Recorded information:

<<<<

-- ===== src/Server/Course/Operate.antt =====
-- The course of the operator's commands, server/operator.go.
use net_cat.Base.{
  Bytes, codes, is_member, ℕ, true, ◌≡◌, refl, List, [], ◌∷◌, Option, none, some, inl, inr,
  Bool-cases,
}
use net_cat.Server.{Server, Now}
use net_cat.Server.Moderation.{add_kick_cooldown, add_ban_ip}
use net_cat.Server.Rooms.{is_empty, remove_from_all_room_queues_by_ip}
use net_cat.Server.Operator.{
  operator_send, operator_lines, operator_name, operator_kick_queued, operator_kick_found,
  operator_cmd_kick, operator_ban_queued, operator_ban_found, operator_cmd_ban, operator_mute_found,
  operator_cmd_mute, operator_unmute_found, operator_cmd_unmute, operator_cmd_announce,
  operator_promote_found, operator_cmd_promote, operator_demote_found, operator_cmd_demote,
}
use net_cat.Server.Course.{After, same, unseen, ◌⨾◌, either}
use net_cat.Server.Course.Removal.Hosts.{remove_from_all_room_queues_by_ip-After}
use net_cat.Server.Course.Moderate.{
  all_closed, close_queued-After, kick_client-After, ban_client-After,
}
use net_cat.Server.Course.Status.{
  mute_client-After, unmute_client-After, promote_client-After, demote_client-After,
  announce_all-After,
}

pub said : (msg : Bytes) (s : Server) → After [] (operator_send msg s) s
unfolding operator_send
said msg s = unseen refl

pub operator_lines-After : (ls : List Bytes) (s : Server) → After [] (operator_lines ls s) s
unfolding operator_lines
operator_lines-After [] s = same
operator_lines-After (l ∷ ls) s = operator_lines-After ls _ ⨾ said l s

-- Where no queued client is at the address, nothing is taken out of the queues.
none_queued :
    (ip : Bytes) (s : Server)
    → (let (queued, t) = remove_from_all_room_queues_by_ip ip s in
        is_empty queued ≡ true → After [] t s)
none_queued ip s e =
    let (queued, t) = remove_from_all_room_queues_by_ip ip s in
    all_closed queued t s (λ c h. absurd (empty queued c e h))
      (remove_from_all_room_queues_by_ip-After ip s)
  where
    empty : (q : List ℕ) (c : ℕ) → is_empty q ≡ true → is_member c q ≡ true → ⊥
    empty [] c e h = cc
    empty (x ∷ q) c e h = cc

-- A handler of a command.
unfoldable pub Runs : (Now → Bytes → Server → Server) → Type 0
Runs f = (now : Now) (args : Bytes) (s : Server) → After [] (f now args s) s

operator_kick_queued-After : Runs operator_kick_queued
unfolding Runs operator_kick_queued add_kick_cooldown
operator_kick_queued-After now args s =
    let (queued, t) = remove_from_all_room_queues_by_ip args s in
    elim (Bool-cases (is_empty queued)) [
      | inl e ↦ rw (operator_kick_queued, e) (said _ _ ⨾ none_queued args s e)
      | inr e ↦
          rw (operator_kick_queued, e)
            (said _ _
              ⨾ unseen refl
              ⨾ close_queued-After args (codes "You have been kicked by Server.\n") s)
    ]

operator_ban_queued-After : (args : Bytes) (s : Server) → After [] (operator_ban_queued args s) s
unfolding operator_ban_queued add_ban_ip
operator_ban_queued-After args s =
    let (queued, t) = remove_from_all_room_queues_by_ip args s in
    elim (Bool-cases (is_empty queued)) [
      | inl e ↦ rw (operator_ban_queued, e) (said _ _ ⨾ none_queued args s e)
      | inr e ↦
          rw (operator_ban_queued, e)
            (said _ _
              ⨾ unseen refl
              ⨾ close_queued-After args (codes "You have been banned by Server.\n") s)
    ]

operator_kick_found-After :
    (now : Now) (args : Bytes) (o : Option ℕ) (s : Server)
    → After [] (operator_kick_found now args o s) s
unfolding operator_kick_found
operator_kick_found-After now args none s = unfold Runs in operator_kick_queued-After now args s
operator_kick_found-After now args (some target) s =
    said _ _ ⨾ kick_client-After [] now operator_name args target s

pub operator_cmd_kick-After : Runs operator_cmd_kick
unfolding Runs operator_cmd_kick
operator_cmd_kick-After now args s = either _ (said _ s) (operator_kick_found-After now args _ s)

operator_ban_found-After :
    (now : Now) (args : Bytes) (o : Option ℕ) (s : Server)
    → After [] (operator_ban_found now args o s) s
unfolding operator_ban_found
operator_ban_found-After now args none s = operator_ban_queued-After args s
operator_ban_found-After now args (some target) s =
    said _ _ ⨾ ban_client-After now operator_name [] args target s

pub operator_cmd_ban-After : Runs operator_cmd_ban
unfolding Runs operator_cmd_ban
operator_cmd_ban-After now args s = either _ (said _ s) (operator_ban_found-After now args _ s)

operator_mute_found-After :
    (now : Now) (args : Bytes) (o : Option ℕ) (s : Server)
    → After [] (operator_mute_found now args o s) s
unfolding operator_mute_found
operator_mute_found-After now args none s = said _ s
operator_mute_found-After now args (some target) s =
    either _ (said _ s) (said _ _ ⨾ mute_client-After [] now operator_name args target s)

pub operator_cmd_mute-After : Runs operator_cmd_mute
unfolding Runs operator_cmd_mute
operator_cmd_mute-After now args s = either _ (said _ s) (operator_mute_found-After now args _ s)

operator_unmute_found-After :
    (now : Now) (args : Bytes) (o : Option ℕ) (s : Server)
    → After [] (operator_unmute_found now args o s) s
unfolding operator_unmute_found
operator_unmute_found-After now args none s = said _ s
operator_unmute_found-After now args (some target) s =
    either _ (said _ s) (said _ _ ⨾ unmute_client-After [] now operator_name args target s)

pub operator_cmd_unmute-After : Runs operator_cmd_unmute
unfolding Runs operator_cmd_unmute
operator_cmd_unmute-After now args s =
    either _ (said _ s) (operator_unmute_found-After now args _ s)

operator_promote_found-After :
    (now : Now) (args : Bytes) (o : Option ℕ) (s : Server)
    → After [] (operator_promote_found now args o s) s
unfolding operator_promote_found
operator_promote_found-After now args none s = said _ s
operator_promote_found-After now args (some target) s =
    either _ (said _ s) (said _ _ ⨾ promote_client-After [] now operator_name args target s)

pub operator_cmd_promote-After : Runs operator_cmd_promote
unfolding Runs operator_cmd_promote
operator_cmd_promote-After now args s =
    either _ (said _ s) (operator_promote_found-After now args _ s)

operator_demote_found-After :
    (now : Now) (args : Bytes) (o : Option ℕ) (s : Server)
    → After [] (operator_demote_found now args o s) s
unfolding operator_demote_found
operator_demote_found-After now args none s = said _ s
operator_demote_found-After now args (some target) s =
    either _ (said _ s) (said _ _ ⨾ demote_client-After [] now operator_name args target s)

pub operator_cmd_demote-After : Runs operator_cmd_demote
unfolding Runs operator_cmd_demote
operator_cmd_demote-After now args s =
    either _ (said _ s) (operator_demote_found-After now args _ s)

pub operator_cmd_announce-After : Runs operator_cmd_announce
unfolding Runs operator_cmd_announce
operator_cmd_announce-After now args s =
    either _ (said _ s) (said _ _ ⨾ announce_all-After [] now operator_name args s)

>>>>
<<<<

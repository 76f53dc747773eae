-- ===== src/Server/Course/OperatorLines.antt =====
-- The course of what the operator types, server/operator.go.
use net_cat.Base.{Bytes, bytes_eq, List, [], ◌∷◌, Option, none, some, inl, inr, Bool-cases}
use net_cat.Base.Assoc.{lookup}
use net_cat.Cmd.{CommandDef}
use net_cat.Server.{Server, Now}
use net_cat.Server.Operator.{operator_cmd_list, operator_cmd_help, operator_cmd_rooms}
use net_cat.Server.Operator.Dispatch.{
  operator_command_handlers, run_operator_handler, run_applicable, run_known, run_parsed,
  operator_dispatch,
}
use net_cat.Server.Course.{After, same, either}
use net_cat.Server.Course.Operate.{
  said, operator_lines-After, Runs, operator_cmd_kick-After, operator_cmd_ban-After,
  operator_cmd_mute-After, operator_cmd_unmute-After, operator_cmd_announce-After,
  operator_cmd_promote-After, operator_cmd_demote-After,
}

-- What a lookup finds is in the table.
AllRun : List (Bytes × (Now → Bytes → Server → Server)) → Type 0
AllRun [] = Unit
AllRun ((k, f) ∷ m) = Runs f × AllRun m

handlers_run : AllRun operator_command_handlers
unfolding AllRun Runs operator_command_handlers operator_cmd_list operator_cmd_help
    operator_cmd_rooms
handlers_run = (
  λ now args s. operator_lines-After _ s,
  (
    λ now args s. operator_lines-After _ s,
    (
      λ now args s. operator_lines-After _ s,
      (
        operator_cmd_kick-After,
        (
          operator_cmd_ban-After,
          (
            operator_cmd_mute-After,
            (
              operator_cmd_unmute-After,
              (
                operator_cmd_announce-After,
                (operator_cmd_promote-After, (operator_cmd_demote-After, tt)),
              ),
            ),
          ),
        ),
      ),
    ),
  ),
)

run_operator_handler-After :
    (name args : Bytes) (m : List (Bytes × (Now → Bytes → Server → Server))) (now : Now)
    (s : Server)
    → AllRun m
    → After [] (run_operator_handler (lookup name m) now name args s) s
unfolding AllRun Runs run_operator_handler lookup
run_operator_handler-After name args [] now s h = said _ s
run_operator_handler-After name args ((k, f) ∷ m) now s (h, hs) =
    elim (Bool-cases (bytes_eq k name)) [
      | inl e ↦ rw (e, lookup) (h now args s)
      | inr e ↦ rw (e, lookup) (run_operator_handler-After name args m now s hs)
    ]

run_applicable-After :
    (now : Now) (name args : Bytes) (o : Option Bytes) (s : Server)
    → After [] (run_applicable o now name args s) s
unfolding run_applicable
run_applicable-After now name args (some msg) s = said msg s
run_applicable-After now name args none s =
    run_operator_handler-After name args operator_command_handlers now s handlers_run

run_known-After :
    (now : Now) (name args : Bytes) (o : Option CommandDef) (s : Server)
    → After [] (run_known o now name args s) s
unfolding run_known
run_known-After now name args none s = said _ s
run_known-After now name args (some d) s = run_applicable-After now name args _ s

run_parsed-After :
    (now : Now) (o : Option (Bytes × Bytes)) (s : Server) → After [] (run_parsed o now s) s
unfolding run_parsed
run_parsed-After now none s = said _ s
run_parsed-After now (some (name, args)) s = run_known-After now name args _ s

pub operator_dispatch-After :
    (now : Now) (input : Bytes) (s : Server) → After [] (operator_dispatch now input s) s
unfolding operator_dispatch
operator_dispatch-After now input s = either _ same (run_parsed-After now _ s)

>>>>

Task to carry out: Give back exactly the lines above, from the line containing "operator_cmd_announce-After now args" through the line containing "either _ (said _ s) (said _ _ ⨾ announce_all-After", with both end lines and nothing more.

Task response:
operator_cmd_announce-After now args s =
    either _ (said _ s) (said _ _ ⨾ announce_all-After [] now operator_name args s)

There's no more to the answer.